Center of Sustainable and Resilient Infrastructure, Virginia Tech Transportation Institute, United States.
Center of Sustainable and Resilient Infrastructure, Virginia Tech Transportation Institute, United States; Department of Civil and Environmental Engineering, Virginia Tech, United States.
Accid Anal Prev. 2022 Jun;170:106642. doi: 10.1016/j.aap.2022.106642. Epub 2022 Mar 25.

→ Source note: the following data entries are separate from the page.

-- ===== src/Stream/Engine/Ensure.antt =====
-- What `EnsureStream` returns, and what it leaves in the engine.
use cam_server.Base.{
  ℕ, suc, ◌+◌, ◌≤◌, ◌<◌, ◌≡◌, ◌≢◌, refl, sym, ◌∙◌, true, false, Option, none, some, String, arith,
  Option-cases, inl, inr, lookup-insert_self, lookup-delete_self, Result, ok, err,
}
use cam_server.Stream.Engine.{
  StreamKey, text_of, is_zero, StreamState, live, stopped, starting, Engine, EngineError, no_ingest,
  start_failed, timed_out, set_state, add_entry, drop_entry, running, patience, wait_for, rounds,
  finish_wait, Surroundings, start_stream, ensure_stream, state_of,
}
use cam_server.Stream.Engine.Waiting.{Ticks, Ends, wait_for-Ends, Ends-in_time}
use cam_server.Stream.Fanout.{LiveStream}

-- The clock of a call: it does not run backwards, and each pause passes.
abbrev pub Runs : Surroundings → Type 0
Runs w = (w.begin ≤ w.clock 0) × Ticks w.clock

waits :
    (w : Surroundings)
    → Runs w
    → (o : Option LiveStream) × (wait_for w.clock w.seen rounds (w.begin + patience) 0 ≡ some o)
      × Ends w.clock w.seen (w.begin + patience) 0 o
waits w runs =
    wait_for-Ends w.clock w.seen 100 (w.begin + patience) 0 runs.1 (omega (arith, runs.0))

-- Every call of `EnsureStream` returns: its loop has at most 101 rounds, since 50 ms pass in each and it
-- stops 5 s after it began.
pub ensure_stream-returns :
    (now : ℕ) (id : String) (key : StreamKey) (w : Surroundings) (e : Engine)
    → Runs w
    → (r : Engine × Result EngineError (String × LiveStream)) × (ensure_stream now id key w e
        ≡ some r)
unfolding ensure_stream start_stream
ensure_stream-returns now id key w e runs =
    let (o, ended, ends) = waits w runs in
    elim (Option-cases (ensure_stream now id key w e)) [
      | inl none_left ↦ absurd (ground (arith, ended))
      | inr (r, returned) ↦ (r, returned)
    ]

-- What `State` says of a key whose entry was just made and then given a state.
state_of-set :
    (now : ℕ) (id : String) (key : StreamKey) (s : StreamState) (e : Engine)
    → state_of key (set_state e.next s (set_state e.next starting (add_entry now id key e)))
      ≡ (s, id, true)
unfolding state_of set_state add_entry
state_of-set now id key s e = ground (arith, lookup-insert_self (text_of key) e.next e.entries)

state_of-dropped :
    (key : StreamKey) (e : Engine) → state_of key (drop_entry key e) ≡ (stopped, "", false)
unfolding state_of drop_entry
state_of-dropped key e = ground (arith, lookup-delete_self (text_of key) e.entries)

-- No stream runs under the key at the two looks that a call begins with.
abbrev pub Dead : StreamKey → Surroundings → Engine → Type 0
Dead key w e = (running key w.seen_fast e ≡ none) × (running key w.seen_locked e ≡ none)

ensure_stream-start :
    (now : ℕ) (id : String) (key : StreamKey) (w : Surroundings) (e : Engine)
    → is_zero key ≡ false
    → Dead key w e
    → ensure_stream now id key w e ≡ start_stream now id key w e
unfolding ensure_stream
ensure_stream-start now id key w e nonzero dead = ground (arith, nonzero, dead.0, dead.1)

start_stream-wait :
    (now : ℕ) (id : String) (key : StreamKey) (w : Surroundings) (e : Engine)
    (o : Option LiveStream)
    → w.ingest ≡ some none
    → wait_for w.clock w.seen rounds (w.begin + patience) 0 ≡ some o
    → start_stream now id key w e
      ≡ some (finish_wait e.next id o (set_state e.next starting (add_entry now id key e)))
unfolding start_stream
start_stream-wait now id key w e o started ended = ground (arith, started, ended)

-- Where an entry stands, a call that finds a stream changes nothing.
ensure_stream-running :
    (now : ℕ) (id id' : String) (key : StreamKey) (w : Surroundings) (e : Engine) (st : StreamState)
    (s : LiveStream)
    → is_zero key ≡ false
    → state_of key e ≡ (st, id', true)
    → w.seen_fast ≡ some s
    → ensure_stream now id key w e ≡ some (e, ok (id', s))
unfolding ensure_stream running state_of
ensure_stream-running now id id' key w e st s nonzero there seen =
    ground (arith, nonzero, there, seen)

-- Where no stream runs under a proper key and the ingest starts, a stream that is registered in a round
-- before the deadline makes the call succeed, under its new identifier; the state is then "live", and a
-- later call while there is a stream returns the same identifier and changes nothing.
pub ensure_stream-live :
    (now later : ℕ) (id id' : String) (key : StreamKey) (w w' : Surroundings) (e : Engine) (k : ℕ)
    (s' : LiveStream)
    → is_zero key ≡ false
    → Dead key w e
    → Runs w
    → w.ingest ≡ some none
    → w.clock k < w.begin + patience
    → w.seen k ≢ none
    → w'.seen_fast ≡ some s'
    → (e' : Engine) × (s : LiveStream) × (ensure_stream now id key w e ≡ some (e', ok (id, s)))
      × (state_of key e' ≡ (live, id, true))
      × (ensure_stream later id' key w' e' ≡ some (e', ok (id, s')))
unfolding finish_wait
ensure_stream-live now later id id' key w w' e k s' nonzero dead runs started early there again =
    let (o, ended, ends) = waits w runs in
    let (s, found) =
      Ends-in_time w.clock w.seen (w.begin + patience) 0 k o runs.1 ends (omega arith) early
        there in
    let e' = set_state e.next live (set_state e.next starting (add_entry now id key e)) in
    let is_live = state_of-set now id key live e in
    (
      e',
      s,
      ensure_stream-start now id key w e nonzero dead
          ∙ start_stream-wait now id key w e (some s) started (rw (sym found) ended),
      is_live,
      ensure_stream-running later id' id key w' e' live s' nonzero is_live again,
    )

unseen-late :
    (w : Surroundings) (o : Option LiveStream) (i : ℕ)
    → ((k : ℕ) → w.clock k < w.begin + patience → w.seen k ≡ none)
    → Ends w.clock w.seen (w.begin + patience) i o
    → o ≡ none
unseen-late w none i never ends = refl
unseen-late w (some s) i never (Ends.sees early there) = ground (arith, never i, early, there)
unseen-late w (some s) i never (Ends.later early unseen ends) =
    unseen-late w (some s) (suc i) never ends

-- The same call without an ingest, with an ingest that does not start, and with one that starts.
abbrev pub alone : Surroundings → Surroundings
alone w = record w { ingest = none }

abbrev pub refused : String → Surroundings → Surroundings
refused why w = record w { ingest = some (some why) }

abbrev pub started : Surroundings → Surroundings
started w = record w { ingest = some none }

-- Where no stream runs under a proper key, a call without an ingest, or with one that does not start,
-- fails for that reason and leaves no entry, whatever would be seen later; a call with an ingest that
-- starts, which sees no stream before its deadline, times out and leaves an entry in the state "stopped".
pub ensure_stream-fails :
    (now : ℕ) (id why : String) (key : StreamKey) (w silent : Surroundings) (e : Engine)
    → is_zero key ≡ false
    → Dead key w e
    → Dead key silent e
    → Runs silent
    → ((k : ℕ) → silent.clock k < silent.begin + patience → silent.seen k ≡ none)
    → ((e' : Engine) × (ensure_stream now id key (alone w) e ≡ some (e', err no_ingest))
        × (state_of key e' ≡ (stopped, "", false)))
      × ((e' : Engine) × (ensure_stream now id key (refused why w) e
            ≡ some (e', err (start_failed why)))
          × (state_of key e' ≡ (stopped, "", false)))
      × ((e' : Engine) × (ensure_stream now id key (started silent) e ≡ some (e', err timed_out))
          × (state_of key e' ≡ (stopped, id, true)))
unfolding start_stream finish_wait
ensure_stream-fails now id why key w silent e nonzero dead dead' runs never =
    let e1 = set_state e.next starting (add_entry now id key e) in
    let e2 = set_state e.next stopped e1 in
    let (o, ended, ends) = waits silent runs in
    (
      (
        drop_entry key e2,
        ensure_stream-start now id key (alone w) e nonzero dead,
        state_of-dropped key e2,
      ),
      (
        drop_entry key e2,
        ensure_stream-start now id key (refused why w) e nonzero dead,
        state_of-dropped key e2,
      ),
      (
        e2,
        ensure_stream-start now id key (started silent) e nonzero dead'
            ∙ start_stream-wait now id key (started silent) e none refl
                (rw (sym (unseen-late silent o 0 never ends)) ended),
        state_of-set now id key stopped e,
      ),
    )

Omitted variable bias is one of the main factors that lead to incorrect estimates of the effect of a variable on the expected number of crashes using regression modeling. We propose to use differencing of the (spatially adjacent) variables to reduce the effect of omitted variable bias. Differencing is a linear transformation that preserves the structure of the (generalized) linear model but can often result in significantly reducing the correlation between the variables. It is special case of (generalized) partial linear model regression which itself is a special case of a generalized additive model (GAM). In the spatial context used in this paper, differencing is similar to the well-known approach of including a spatial correlation structure (spatial error term) in the analysis of crash data. It is generally not clear how to interpret the results of models that include a spatial correlation structure and whether and how the added spatial correlation structure reduces the bias in the estimated regression parameters. However, for the case of differencing, it becomes clear how the effect of omitted variable bias is reduced by reducing the correlation between the variable of interest and the omitted variables. The order of differencing determines the dominant spatial scales of the variables considered in the model which affect how much the correlation is reduced. This reveals that omitted variable bias can be reduced when there are spatial scales at which the covariate of interest varies but the omitted variables either 1) are relatively homogeneous or 2) have variations that are not correlated to those of the variable of interest.
忽略变量偏差是导致使用回归建模对变量对预期碰撞数量的影响进行不正确估计的主要因素之一。我们建议使用变量的差分(空间相邻)来减少忽略变量偏差的影响。差分是一种线性变换,保留了(广义)线性模型的结构,但通常可以显著降低变量之间的相关性。它是广义部分线性模型回归的特例,而广义部分线性模型回归本身是广义可加模型 (GAM) 的特例。在本文中使用的空间背景下,差分类似于在碰撞数据分析中包含空间相关结构(空间误差项)的知名方法。通常不清楚如何解释包含空间相关结构的模型的结果,以及添加的空间相关结构是否以及如何减少估计回归参数的偏差。然而,对于差分的情况,通过减少感兴趣变量与忽略变量之间的相关性,可以清楚地了解如何减少忽略变量偏差的影响。差分的顺序决定了模型中考虑的变量的主导空间尺度,这会影响相关性降低的程度。这表明,当存在感兴趣的协变量变化的空间尺度但忽略变量 1)相对均匀或 2)变化与感兴趣变量的变化不相关时,可以减少忽略变量偏差。